I am trying to use dplyr to do some basic statistics. The two parts of my data that I’m interested in are the dates and the outcomes of an event.
My data has three events that occur, reward, stop, or none (meaning neither a reward or stop occurred). What I want to do is calculate which days have the highest average of rewards by day. I was also hoping to try and obtain the count for overall occurrences, number of stops, rewards, and nones per day.
I have had some success obtaining the unique days and the overall occurrences per day. However, I am struggling to get the remaining data. When I try to adjust the group_by
, it ends up causing issues trying to find the unique days.
df %>%
mutate(ind, ind2 = case_when(ind=="Reward"~1, ind=="Stop"~0, ind=="None"~0)) %>%
group_by(time2) %>%
count(time2, sort = TRUE)
Here, I try to create a new column that converts the event to binary formate so I could then try and calculate the average reward per day.
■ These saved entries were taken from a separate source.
-- ===== src/Parser/Ends/Decl.antt =====
-- Declarations end: src/compiler/parser.cc.
use axcomp.Prelude.{ℕ, zero, suc, ◌+◌, ◌*◌, ◌≤◌, ◌≡◌, refl, arith, Bool, false, List, [], ◌∷◌}
use axcomp.Token.{
  TokenType, Token, type_eq, ident, comma, colon, semicolon, equals, l_paren, r_paren, kw_const,
  kw_type, kw_var,
}
use axcomp.Token
use axcomp.Lexer.Unicode.{IsUnicode}
use axcomp.Lexer.State.{weight}
use axcomp.Ast.Expr.{AstIdentifier}
use axcomp.Ast.Decl.{AstDeclaration}
use axcomp.Parser.State.{Library, get_token, is_type}
use axcomp.Parser.Decl.{
  put_names, const_decs, parse_const, type_decs, parse_typedec, var_decs, parse_var,
  declaration_loop, parse_declaration, parse_receiver, more_names, param_decs, parse_parameters,
  parse_proc,
}
use axcomp.Parser.Ends.{
  no_fuel, Takes, Sees, Takes-pure, Takes-bind, Takes-le, Takes-throw, Takes-if, Sees-if, Sees-any,
  Sees-bind,
}
use axcomp.Parser.Ends.Tables.{put-Takes}
use axcomp.Parser.Ends.Tokens.{
  Sees-next, weight-type, Takes-peek, next-Takes, peek-Takes, get_token-Takes,
}
use axcomp.Parser.Ends.Basic.{parse_identifier-Takes, set_attrs-Takes}
use axcomp.Parser.Ends.Expr.All.{expressions-end}
use axcomp.Parser.Ends.TypeExpr.{types-end, parse_ident_list-Takes}

put_names-Takes : (n : ℕ) (ids : List AstIdentifier) → Takes n 0 (put_names ids)
unfolding put_names
put_names-Takes n [] = Takes-pure n tt
put_names-Takes n (id ∷ ids) = Takes-bind 0 (put-Takes n _ _) λ _ m le. put_names-Takes m ids

module _ (lib : Library) (good : IsUnicode lib.unicode) where
  -- A token, an identifier, an expression and a type behind a token that was taken.
  pub expect : (n : ℕ) (t : TokenType) → type_eq t Token.eof ≡ false → Takes n 0 (get_token lib t)
  expect n t real = Takes-le 1 (omega arith) (get_token-Takes lib good n t real)

  const_decs-Takes : (f n : ℕ) → 20 * n + 1 ≤ f → Takes n 0 (const_decs lib f)
  unfolding const_decs Token.ordinal
  const_decs-Takes zero n h = no_fuel _ (omega arith) h
  const_decs-Takes (suc f) n h =
      let exprs = expressions-end lib good f in
      Takes-bind 0 (peek-Takes lib good n) λ tok m le.
        Takes-if (is_type tok ident)
          (λ _. Takes-bind 1 (parse_identifier-Takes lib good m) λ bare m1 le1.
            Takes-bind 0 (set_attrs-Takes lib good m1 bare) λ id m2 le2.
              Takes-bind 0 (expect m2 equals refl) λ _ m3 le3.
                Takes-bind 0 (Takes-le 1 (omega arith) (exprs.expr m3 (omega arith))) λ e m4 le4.
                  Takes-bind 0 (expect m4 semicolon refl) λ _ m5 le5.
                    Takes-bind 0 (put-Takes m5 _ _) λ _ m6 le6.
                      Takes-bind 0 (const_decs-Takes f m6 (omega arith))
                        λ rest m7 le7. Takes-pure m7 _)
          λ _. Takes-pure m _

  type_decs-Takes : (f n : ℕ) → 20 * n + 1 ≤ f → Takes n 0 (type_decs lib f)
  unfolding type_decs Token.ordinal
  type_decs-Takes zero n h = no_fuel _ (omega arith) h
  type_decs-Takes (suc f) n h =
      let types = types-end lib good f in
      Takes-bind 0 (peek-Takes lib good n) λ tok m le.
        Takes-if (is_type tok ident)
          (λ _. Takes-bind 1 (parse_identifier-Takes lib good m) λ bare m1 le1.
            Takes-bind 0 (set_attrs-Takes lib good m1 bare) λ id m2 le2.
              Takes-bind 0 (expect m2 equals refl) λ _ m3 le3.
                Takes-bind 0 (Takes-le 1 (omega arith) (types.type m3 (omega arith))) λ t m4 le4.
                  Takes-bind 0 (expect m4 semicolon refl) λ _ m5 le5.
                    Takes-bind 0 (type_decs-Takes f m5 (omega arith))
                      λ rest m6 le6. Takes-pure m6 _)
          λ _. Takes-pure m _

  var_decs-Takes : (f n : ℕ) → 20 * n + 1 ≤ f → Takes n 0 (var_decs lib f)
  unfolding var_decs Token.ordinal
  var_decs-Takes zero n h = no_fuel _ (omega arith) h
  var_decs-Takes (suc f) n h =
      let types = types-end lib good f in
      Takes-bind 0 (peek-Takes lib good n) λ tok m le.
        Takes-if (is_type tok ident)
          (λ _. Takes-bind 1 (parse_ident_list-Takes lib good f m (omega arith)) λ ids m1 le1.
            Takes-bind 0 (expect m1 colon refl) λ _ m2 le2.
              Takes-bind 0 (Takes-le 1 (omega arith) (types.type m2 (omega arith))) λ t m3 le3.
                Takes-bind 0 (expect m3 semicolon refl) λ _ m4 le4.
                  Takes-bind 0 (put_names-Takes m4 ids) λ _ m5 le5.
                    Takes-bind 0 (var_decs-Takes f m5 (omega arith)) λ rest m6 le6. Takes-pure m6 _)
          λ _. Takes-pure m _

  module _ (f n : ℕ) (tok : Token) (one : weight tok ≡ 1) (h : 20 * n ≤ f) where
    parse_const-Sees : Sees tok n 1 (parse_const lib f)
    unfolding parse_const
    parse_const-Sees = Sees-next lib good one λ _ m le. const_decs-Takes f m (omega arith)

    parse_typedec-Sees : Sees tok n 1 (parse_typedec lib f)
    unfolding parse_typedec
    parse_typedec-Sees = Sees-next lib good one λ _ m le. type_decs-Takes f m (omega arith)

    parse_var-Sees : Sees tok n 1 (parse_var lib f)
    unfolding parse_var
    parse_var-Sees = Sees-next lib good one λ _ m le. var_decs-Takes f m (omega arith)

  declaration_loop-Takes :
      (f n : ℕ) (decs : AstDeclaration) → 20 * n + 1 ≤ f → Takes n 0 (declaration_loop lib f decs)
  unfolding declaration_loop Token.ordinal
  declaration_loop-Takes zero n decs h = no_fuel _ (omega arith) h
  declaration_loop-Takes (suc f) n decs h = Takes-peek lib good λ tok.
      Sees-if (is_type tok kw_const)
        (λ seen.
          Sees-bind 1 (parse_const-Sees f n tok (weight-type tok kw_const seen refl) (omega arith))
            λ ds m le. declaration_loop-Takes f m _ (omega arith))
        λ _.
          Sees-if (is_type tok kw_type)
            (λ seen.
              Sees-bind 1
                (parse_typedec-Sees f n tok (weight-type tok kw_type seen refl) (omega arith))
                λ ds m le. declaration_loop-Takes f m _ (omega arith))
            λ _.
              Sees-if (is_type tok kw_var)
                (λ seen.
                  Sees-bind 1
                    (parse_var-Sees f n tok (weight-type tok kw_var seen refl) (omega arith))
                    λ ds m le. declaration_loop-Takes f m _ (omega arith))
                λ _. Sees-any (Takes-pure n decs)

  pub parse_declaration-Takes : (f n : ℕ) → 20 * n + 1 ≤ f → Takes n 0 (parse_declaration lib f)
  unfolding parse_declaration
  parse_declaration-Takes f n h = declaration_loop-Takes f n _ h

  parse_receiver-Takes : (n : ℕ) → Takes n 0 (parse_receiver lib)
  unfolding parse_receiver Token.ordinal
  parse_receiver-Takes n = Takes-bind 0 (next-Takes lib good n) λ _ m le.
      Takes-bind 0 (peek-Takes lib good m) λ tok m1 le1.
        Takes-bind 0
          (Takes-if (is_type tok kw_var) (λ _. next-Takes lib good m1) (λ _. Takes-pure m1 tok))
          λ _ m2 le2.
            Takes-bind 0 (Takes-le 1 (omega arith) (parse_identifier-Takes lib good m2))
              λ id m3 le3. Takes-bind 0 (expect m3 colon refl) λ _ m4 le4.
                Takes-bind 0 (Takes-le 1 (omega arith) (parse_identifier-Takes lib good m4))
                  λ type m5 le5. Takes-bind 0 (expect m5 r_paren refl) λ _ m6 le6. Takes-pure m6 _

  more_names-Takes :
      (f n : ℕ) (is_var : Bool) → 20 * n + 1 ≤ f → Takes n 0 (more_names lib f is_var)
  unfolding more_names
  more_names-Takes zero n is_var h = no_fuel _ (omega arith) h
  more_names-Takes (suc f) n is_var h = Takes-bind 0 (peek-Takes lib good n) λ tok m le.
      Takes-if (is_type tok comma)
        (λ _. Takes-bind 0 (next-Takes lib good m) λ _ m1 le1.
          Takes-bind 1 (parse_identifier-Takes lib good m1) λ id m2 le2.
            Takes-bind 0 (more_names-Takes f m2 is_var (omega arith))
              λ rest m3 le3. Takes-pure m3 _)
        λ _. Takes-pure m _

  param_decs-Takes : (f n : ℕ) → 20 * n + 1 ≤ f → Takes n 0 (param_decs lib f)
  unfolding param_decs Token.ordinal
  param_decs-Takes zero n h = no_fuel _ (omega arith) h
  param_decs-Takes (suc f) n h =
      let types = types-end lib good f in
      Takes-bind 0 (peek-Takes lib good n) λ tok m le.
        Takes-if (is_type tok r_paren) (λ _. Takes-pure m _)
          λ _.
            Takes-bind 0
              (Takes-if (is_type tok kw_var) (λ _. next-Takes lib good m) (λ _. Takes-pure m tok))
              λ _ m1 le1. Takes-bind 1 (parse_identifier-Takes lib good m1) λ id m2 le2.
                Takes-bind 0 (more_names-Takes f m2 _ (omega arith)) λ ids m3 le3.
                  Takes-bind 0 (expect m3 colon refl) λ _ m4 le4.
                    Takes-bind 0 (Takes-le 1 (omega arith) (types.type m4 (omega arith)))
                      λ t m5 le5. Takes-bind 0 (peek-Takes lib good m5) λ after m6 le6.
                        Takes-if (is_type after semicolon)
                          (λ _. Takes-bind 0 (next-Takes lib good m6) λ _ m7 le7.
                            Takes-bind 0 (param_decs-Takes f m7 (omega arith))
                              λ rest m8 le8. Takes-pure m8 _)
                          λ _.
                            Takes-if (is_type after r_paren) (λ _. Takes-pure m6 _)
                              (λ _. Takes-throw _)

  pub parse_parameters-Takes : (f n : ℕ) → 20 * n + 1 ≤ f → Takes n 0 (parse_parameters lib f)
  unfolding parse_parameters
  parse_parameters-Takes f n h = Takes-bind 0 (next-Takes lib good n) λ _ m le.
      Takes-bind 0 (param_decs-Takes f m (omega arith))
        λ ps m1 le1. Takes-bind 0 (next-Takes lib good m1) λ _ m2 le2. Takes-pure m2 _

  pub parse_proc-Takes : (f n : ℕ) → 20 * n ≤ f → Takes n 1 (parse_proc lib f)
  unfolding parse_proc Token.ordinal
  parse_proc-Takes f n h =
      let types = types-end lib good f in
      Takes-bind 0 (peek-Takes lib good n) λ tok m le.
        Takes-bind 0
          (Takes-if (is_type tok l_paren)
            (λ _. Takes-bind 0 (parse_receiver-Takes m) λ r m1 le1. Takes-pure m1 _)
            λ _. Takes-pure m _)
          λ receiver m1 le1. Takes-bind 1 (parse_identifier-Takes lib good m1) λ bare m2 le2.
            Takes-bind 0 (set_attrs-Takes lib good m2 bare) λ name m3 le3.
              Takes-bind 0 (peek-Takes lib good m3) λ open_paren m4 le4.
                Takes-bind 0
                  (Takes-if (is_type open_paren l_paren)
                    (λ _. parse_parameters-Takes f m4 (omega arith)) λ _. Takes-pure m4 _)
                  λ params m5 le5. Takes-bind 0 (peek-Takes lib good m5) λ after m6 le6.
                    Takes-bind 0
                      (Takes-if (is_type after colon)
                        (λ _.
                          Takes-bind 0
                            (Takes-bind 0 (next-Takes lib good m6)
                              λ _ m7 le7. Takes-le 1 (omega arith) (types.type m7 (omega arith)))
                            λ t m7 le7. Takes-pure m7 _)
                        λ _. Takes-pure m6 _)
                      λ return_type m7 le7.
                        Takes-bind 0 (expect m7 semicolon refl) λ _ m8 le8. Takes-pure m8 _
This code is not required in an answer, just an example
Desires output:
Date num_occ stop reward none avg_reward
2022-01-03 3 1 1 1 0.3333333
2022-01-04 9 5 3 1 0.3333333
2022-01-05 2 1 1 0 0.5
2022-01-06 3 3 0 0 0
My question is, how can I calculate the average reward occurrences per day as well as obtain count information regarding the number of overall (reward, stop, none) occurrences per day, number of stops per day, number of rewards per day, and number of nones per day?
Example data:
structure(list(values = c(0, 18, 3, 2, 1, 9, 15, 13, 0, 12, 8,
2, 3, 7, 6, 3), ind = structure(c(1L, 2L, 3L, 3L, 3L, 3L, 2L,
2L, 1L, 2L, 3L, 3L, 2L, 3L, 3L, 3L), .Label = c("None", "Reward",
"Stop"), class = "factor"), entry = c(TRUE, TRUE, TRUE, TRUE,
TRUE, TRUE, TRUE, TRUE, TRUE, TRUE, TRUE, TRUE, TRUE, TRUE, TRUE,
TRUE), time = structure(c(1641234180, 1641235020, 1641308400,
1641312840, 1641312900, 1641316920, 1641322920, 1641325080, 1641325560,
1641328740, 1641329220, 1641393900, 1641412140, 1641491040, 1641491640,
1641493200), class = c("POSIXct", "POSIXt"), tzone = ""), time2 = structure(c(18995,
18995, 18996, 18996, 18996, 18996, 18996, 18996, 18996, 18996,
18996, 18997, 18997, 18998, 18998, 18998), class = "Date")), row.names = c(NA,
16L), class = "data.frame")
CodePudding user response:
Something like this may work for you
library(tidyverse)
example_data <- structure(list(values = c(0, 18, 3, 2, 1, 9, 15, 13, 0, 12, 8,
2, 3, 7, 6, 3), ind = structure(c(1L, 2L, 3L, 3L, 3L, 3L, 2L,
2L, 1L, 2L, 3L, 3L, 2L, 3L, 3L, 3L), .Label = c("None", "Reward",
"Stop"), class = "factor"), entry = c(TRUE, TRUE, TRUE, TRUE,
TRUE, TRUE, TRUE, TRUE, TRUE, TRUE, TRUE, TRUE, TRUE, TRUE, TRUE,
TRUE), time = structure(c(1641234180, 1641235020, 1641308400,
1641312840, 1641312900, 1641316920, 1641322920, 1641325080, 1641325560,
1641328740, 1641329220, 1641393900, 1641412140, 1641491040, 1641491640,
1641493200), class = c("POSIXct", "POSIXt"), tzone = ""), time2 = structure(c(18995,
18995, 18996, 18996, 18996, 18996, 18996, 18996, 18996, 18996,
18996, 18997, 18997, 18998, 18998, 18998), class = "Date")), row.names = c(NA,
16L), class = "data.frame")
example_data |>
group_by(day = time |> lubridate::as_date()) |>
summarise(num_occ = n(),
stop = length(ind[ind == 'Stop']),
Reward = length(ind[ind == 'Reward']),
None = length(ind[ind == 'None']),
sum_reward = sum(values[ind[ind == 'Reward']])
)
#> # A tibble: 4 x 6
#> day num_occ stop Reward None sum_reward
#> <date> <int> <int> <int> <int> <dbl>
#> 1 2022-01-03 2 0 1 1 18
#> 2 2022-01-04 9 5 3 1 6
#> 3 2022-01-05 2 1 1 0 3
#> 4 2022-01-06 3 3 0 0 0
Created on 2022-02-10 by the reprex package (v2.0.1)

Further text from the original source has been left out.